── Available data ──

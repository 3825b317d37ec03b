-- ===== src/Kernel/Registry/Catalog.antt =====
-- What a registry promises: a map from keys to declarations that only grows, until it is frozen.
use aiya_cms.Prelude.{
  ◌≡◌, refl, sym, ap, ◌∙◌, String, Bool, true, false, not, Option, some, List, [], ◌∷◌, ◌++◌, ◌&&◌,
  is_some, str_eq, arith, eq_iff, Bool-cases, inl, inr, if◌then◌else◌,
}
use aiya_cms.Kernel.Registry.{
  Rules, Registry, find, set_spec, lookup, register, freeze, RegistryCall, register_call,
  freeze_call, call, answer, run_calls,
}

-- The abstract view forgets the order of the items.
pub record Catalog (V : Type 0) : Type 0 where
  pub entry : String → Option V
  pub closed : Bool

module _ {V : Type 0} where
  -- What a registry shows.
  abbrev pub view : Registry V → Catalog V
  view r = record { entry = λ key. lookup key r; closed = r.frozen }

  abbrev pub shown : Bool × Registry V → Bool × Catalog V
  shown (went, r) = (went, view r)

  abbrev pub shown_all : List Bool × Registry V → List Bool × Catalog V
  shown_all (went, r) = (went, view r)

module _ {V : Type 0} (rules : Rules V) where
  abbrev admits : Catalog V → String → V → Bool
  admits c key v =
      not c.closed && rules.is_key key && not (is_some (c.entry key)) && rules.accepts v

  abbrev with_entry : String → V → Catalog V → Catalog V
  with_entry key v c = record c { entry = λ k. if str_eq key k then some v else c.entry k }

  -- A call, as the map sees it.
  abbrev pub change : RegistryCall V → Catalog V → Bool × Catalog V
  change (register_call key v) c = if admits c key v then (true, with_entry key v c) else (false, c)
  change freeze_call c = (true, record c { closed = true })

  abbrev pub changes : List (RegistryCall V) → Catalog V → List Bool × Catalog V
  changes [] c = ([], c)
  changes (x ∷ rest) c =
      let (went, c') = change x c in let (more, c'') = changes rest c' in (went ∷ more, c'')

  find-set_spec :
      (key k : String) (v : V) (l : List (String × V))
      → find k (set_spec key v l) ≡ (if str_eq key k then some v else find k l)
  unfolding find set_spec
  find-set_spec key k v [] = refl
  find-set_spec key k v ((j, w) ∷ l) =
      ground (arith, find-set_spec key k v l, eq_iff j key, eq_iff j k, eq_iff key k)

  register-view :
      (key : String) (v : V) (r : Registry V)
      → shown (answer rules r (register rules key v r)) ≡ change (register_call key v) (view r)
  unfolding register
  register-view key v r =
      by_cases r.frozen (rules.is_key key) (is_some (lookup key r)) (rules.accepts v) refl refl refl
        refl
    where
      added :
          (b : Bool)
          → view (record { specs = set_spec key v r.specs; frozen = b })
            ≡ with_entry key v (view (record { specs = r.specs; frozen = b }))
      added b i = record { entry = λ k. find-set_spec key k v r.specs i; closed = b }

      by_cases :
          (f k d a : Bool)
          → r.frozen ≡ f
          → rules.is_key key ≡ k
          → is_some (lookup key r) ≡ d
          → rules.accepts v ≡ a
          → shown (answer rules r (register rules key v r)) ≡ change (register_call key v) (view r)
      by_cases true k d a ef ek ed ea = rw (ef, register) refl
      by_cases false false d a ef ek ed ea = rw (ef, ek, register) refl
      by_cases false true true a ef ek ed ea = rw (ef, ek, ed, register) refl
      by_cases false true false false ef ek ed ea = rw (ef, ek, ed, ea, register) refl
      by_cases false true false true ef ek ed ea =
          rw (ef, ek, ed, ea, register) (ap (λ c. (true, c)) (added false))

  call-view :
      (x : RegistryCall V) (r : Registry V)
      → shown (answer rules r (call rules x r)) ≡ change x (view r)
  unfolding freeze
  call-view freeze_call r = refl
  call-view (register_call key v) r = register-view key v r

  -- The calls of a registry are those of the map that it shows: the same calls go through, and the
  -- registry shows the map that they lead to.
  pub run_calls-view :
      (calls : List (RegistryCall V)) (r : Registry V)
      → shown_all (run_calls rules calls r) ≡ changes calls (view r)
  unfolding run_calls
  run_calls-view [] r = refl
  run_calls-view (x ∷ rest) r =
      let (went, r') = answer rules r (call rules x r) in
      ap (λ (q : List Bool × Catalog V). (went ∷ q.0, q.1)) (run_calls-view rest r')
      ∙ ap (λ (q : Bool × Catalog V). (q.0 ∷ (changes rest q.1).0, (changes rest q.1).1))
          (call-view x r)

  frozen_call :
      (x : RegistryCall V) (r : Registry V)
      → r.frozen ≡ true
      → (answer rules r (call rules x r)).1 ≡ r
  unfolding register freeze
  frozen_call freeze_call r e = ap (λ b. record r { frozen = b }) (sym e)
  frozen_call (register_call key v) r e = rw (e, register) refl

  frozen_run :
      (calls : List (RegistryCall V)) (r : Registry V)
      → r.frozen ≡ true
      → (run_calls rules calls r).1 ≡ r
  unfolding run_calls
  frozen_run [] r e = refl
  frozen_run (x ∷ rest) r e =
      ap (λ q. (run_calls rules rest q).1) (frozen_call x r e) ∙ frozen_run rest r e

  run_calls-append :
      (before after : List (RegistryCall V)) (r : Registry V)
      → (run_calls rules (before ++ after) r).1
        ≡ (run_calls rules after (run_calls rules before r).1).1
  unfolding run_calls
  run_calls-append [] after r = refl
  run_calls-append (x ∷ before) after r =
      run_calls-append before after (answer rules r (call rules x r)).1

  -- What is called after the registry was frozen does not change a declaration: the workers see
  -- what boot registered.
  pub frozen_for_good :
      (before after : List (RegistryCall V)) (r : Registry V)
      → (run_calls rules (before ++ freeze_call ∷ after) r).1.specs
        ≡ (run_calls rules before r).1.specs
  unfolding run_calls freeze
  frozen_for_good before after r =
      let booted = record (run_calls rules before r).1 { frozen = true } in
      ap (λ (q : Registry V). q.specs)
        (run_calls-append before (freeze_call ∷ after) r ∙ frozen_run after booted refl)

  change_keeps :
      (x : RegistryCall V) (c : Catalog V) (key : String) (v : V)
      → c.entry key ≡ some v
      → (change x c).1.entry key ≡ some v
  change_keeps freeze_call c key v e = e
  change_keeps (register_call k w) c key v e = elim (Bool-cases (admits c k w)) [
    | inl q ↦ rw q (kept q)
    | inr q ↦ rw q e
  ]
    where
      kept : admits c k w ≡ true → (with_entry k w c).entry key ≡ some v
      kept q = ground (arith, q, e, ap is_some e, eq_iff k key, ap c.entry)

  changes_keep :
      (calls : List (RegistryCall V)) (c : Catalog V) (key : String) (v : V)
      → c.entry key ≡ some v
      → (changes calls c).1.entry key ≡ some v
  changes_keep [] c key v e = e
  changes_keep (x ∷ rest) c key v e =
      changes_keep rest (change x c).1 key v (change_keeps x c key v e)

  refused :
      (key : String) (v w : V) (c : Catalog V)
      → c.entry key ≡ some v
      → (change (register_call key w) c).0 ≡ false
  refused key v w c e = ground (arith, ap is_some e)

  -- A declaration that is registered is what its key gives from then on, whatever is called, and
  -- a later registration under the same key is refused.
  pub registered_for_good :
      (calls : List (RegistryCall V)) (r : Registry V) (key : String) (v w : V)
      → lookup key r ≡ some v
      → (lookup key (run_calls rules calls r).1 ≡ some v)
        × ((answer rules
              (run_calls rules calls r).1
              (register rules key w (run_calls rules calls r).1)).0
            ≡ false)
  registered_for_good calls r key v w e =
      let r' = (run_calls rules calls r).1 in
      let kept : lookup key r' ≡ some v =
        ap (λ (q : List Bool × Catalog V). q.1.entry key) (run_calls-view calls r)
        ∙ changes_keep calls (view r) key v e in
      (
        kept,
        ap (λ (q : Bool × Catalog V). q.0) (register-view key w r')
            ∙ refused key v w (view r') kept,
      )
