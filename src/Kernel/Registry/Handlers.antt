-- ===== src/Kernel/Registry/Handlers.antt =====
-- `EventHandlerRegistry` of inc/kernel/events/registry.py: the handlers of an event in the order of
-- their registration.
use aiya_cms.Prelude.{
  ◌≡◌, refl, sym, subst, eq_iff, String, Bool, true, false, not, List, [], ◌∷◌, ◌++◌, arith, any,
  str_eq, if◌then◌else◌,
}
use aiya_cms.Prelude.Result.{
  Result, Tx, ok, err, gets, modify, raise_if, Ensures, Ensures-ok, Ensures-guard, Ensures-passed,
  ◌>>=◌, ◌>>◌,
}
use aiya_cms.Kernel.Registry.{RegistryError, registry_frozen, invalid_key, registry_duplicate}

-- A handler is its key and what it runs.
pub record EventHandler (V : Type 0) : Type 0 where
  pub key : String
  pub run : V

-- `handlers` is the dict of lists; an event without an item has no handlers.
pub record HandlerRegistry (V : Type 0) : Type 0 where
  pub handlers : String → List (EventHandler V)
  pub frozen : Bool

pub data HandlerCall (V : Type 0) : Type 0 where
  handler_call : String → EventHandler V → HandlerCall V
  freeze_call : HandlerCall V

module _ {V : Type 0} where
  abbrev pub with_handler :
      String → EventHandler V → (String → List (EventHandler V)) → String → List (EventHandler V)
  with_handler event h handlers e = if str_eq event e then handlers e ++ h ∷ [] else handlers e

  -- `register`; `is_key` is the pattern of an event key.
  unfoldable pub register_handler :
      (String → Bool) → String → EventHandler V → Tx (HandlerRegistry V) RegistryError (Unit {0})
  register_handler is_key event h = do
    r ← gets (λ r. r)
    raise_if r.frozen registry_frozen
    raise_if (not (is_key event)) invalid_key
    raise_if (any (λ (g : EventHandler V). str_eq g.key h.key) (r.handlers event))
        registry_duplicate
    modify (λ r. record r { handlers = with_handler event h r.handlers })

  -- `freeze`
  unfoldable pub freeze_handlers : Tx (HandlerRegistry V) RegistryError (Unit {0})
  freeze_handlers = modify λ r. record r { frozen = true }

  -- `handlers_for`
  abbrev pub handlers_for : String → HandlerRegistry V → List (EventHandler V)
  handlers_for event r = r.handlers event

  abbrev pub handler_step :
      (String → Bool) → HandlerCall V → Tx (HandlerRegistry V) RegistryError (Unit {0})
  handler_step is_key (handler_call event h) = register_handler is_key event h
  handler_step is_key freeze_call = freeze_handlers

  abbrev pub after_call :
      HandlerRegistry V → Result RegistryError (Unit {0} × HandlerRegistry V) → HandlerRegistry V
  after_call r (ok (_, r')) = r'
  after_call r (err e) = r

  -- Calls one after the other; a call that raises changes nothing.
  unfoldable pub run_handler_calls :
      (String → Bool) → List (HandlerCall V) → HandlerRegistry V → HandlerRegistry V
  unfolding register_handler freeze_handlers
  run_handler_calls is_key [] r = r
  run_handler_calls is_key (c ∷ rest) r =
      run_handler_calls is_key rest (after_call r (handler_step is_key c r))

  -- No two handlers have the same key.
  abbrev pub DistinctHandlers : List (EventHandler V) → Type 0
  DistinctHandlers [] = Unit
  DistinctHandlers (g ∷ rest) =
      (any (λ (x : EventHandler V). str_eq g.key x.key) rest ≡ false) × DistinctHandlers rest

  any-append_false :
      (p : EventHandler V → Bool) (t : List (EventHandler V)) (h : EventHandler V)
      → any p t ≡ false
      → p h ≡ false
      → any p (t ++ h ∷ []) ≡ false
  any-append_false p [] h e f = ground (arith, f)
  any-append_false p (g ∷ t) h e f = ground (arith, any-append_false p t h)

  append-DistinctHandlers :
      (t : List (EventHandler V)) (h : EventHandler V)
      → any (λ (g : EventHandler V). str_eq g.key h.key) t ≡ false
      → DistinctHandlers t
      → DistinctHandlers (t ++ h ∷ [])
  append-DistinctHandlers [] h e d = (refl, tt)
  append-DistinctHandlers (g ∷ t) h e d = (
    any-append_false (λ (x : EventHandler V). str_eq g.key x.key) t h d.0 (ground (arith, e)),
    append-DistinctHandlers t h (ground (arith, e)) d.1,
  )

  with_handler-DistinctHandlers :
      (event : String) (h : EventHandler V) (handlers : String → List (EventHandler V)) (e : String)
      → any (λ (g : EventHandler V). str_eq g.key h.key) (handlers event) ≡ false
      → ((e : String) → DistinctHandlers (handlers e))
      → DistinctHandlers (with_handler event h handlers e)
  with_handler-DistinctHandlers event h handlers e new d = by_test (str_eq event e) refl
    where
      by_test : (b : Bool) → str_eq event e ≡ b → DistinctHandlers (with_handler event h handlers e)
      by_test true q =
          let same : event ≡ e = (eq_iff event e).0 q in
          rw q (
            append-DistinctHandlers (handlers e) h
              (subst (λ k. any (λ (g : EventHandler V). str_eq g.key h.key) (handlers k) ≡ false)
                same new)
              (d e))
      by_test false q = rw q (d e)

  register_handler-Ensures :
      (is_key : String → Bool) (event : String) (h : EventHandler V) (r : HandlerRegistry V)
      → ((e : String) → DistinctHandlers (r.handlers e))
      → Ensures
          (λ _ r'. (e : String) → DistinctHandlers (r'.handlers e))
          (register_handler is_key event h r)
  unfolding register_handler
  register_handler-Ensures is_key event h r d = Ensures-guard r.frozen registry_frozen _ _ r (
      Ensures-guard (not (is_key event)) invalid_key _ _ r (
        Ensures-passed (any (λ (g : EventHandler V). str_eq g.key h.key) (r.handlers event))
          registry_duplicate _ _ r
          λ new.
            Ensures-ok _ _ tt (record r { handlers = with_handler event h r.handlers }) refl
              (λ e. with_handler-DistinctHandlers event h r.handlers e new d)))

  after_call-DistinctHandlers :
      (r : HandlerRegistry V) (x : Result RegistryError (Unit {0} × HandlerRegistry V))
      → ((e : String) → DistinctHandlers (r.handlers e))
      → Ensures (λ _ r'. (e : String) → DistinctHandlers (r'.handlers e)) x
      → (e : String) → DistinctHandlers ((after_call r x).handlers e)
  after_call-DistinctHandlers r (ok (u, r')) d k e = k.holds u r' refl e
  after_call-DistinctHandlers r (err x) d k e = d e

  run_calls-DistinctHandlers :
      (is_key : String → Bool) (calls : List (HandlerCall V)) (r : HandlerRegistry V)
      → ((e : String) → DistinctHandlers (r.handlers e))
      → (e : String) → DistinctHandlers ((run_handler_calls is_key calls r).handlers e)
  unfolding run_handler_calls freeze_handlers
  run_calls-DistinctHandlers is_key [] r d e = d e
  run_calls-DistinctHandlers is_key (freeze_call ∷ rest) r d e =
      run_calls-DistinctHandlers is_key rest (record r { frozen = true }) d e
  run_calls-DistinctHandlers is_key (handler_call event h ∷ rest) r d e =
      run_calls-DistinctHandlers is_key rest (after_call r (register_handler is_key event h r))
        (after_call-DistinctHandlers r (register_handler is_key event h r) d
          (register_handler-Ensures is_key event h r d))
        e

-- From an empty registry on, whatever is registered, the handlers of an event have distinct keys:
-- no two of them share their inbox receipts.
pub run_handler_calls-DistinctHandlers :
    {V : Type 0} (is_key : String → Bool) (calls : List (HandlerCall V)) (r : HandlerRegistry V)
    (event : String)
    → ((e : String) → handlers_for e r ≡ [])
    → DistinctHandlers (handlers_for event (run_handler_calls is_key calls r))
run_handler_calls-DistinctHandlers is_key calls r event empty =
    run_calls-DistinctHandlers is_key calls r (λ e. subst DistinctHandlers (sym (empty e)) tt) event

───

- **Aim of the task**
The range runs from the line above containing "pub record HandlerRegistry" to the line containing "run_handler_calls is_key rest", inclusive. Restate those lines word for word and no others.

- **Solution to this task**
pub record HandlerRegistry (V : Type 0) : Type 0 where
  pub handlers : String → List (EventHandler V)
  pub frozen : Bool

pub data HandlerCall (V : Type 0) : Type 0 where
  handler_call : String → EventHandler V → HandlerCall V
  freeze_call : HandlerCall V

module _ {V : Type 0} where
  abbrev pub with_handler :
      String → EventHandler V → (String → List (EventHandler V)) → String → List (EventHandler V)
  with_handler event h handlers e = if str_eq event e then handlers e ++ h ∷ [] else handlers e

  -- `register`; `is_key` is the pattern of an event key.
  unfoldable pub register_handler :
      (String → Bool) → String → EventHandler V → Tx (HandlerRegistry V) RegistryError (Unit {0})
  register_handler is_key event h = do
    r ← gets (λ r. r)
    raise_if r.frozen registry_frozen
    raise_if (not (is_key event)) invalid_key
    raise_if (any (λ (g : EventHandler V). str_eq g.key h.key) (r.handlers event))
        registry_duplicate
    modify (λ r. record r { handlers = with_handler event h r.handlers })

  -- `freeze`
  unfoldable pub freeze_handlers : Tx (HandlerRegistry V) RegistryError (Unit {0})
  freeze_handlers = modify λ r. record r { frozen = true }

  -- `handlers_for`
  abbrev pub handlers_for : String → HandlerRegistry V → List (EventHandler V)
  handlers_for event r = r.handlers event

  abbrev pub handler_step :
      (String → Bool) → HandlerCall V → Tx (HandlerRegistry V) RegistryError (Unit {0})
  handler_step is_key (handler_call event h) = register_handler is_key event h
  handler_step is_key freeze_call = freeze_handlers

  abbrev pub after_call :
      HandlerRegistry V → Result RegistryError (Unit {0} × HandlerRegistry V) → HandlerRegistry V
  after_call r (ok (_, r')) = r'
  after_call r (err e) = r

  -- Calls one after the other; a call that raises changes nothing.
  unfoldable pub run_handler_calls :
      (String → Bool) → List (HandlerCall V) → HandlerRegistry V → HandlerRegistry V
  unfolding register_handler freeze_handlers
  run_handler_calls is_key [] r = r
  run_handler_calls is_key (c ∷ rest) r =
      run_handler_calls is_key rest (after_call r (handler_step is_key c r))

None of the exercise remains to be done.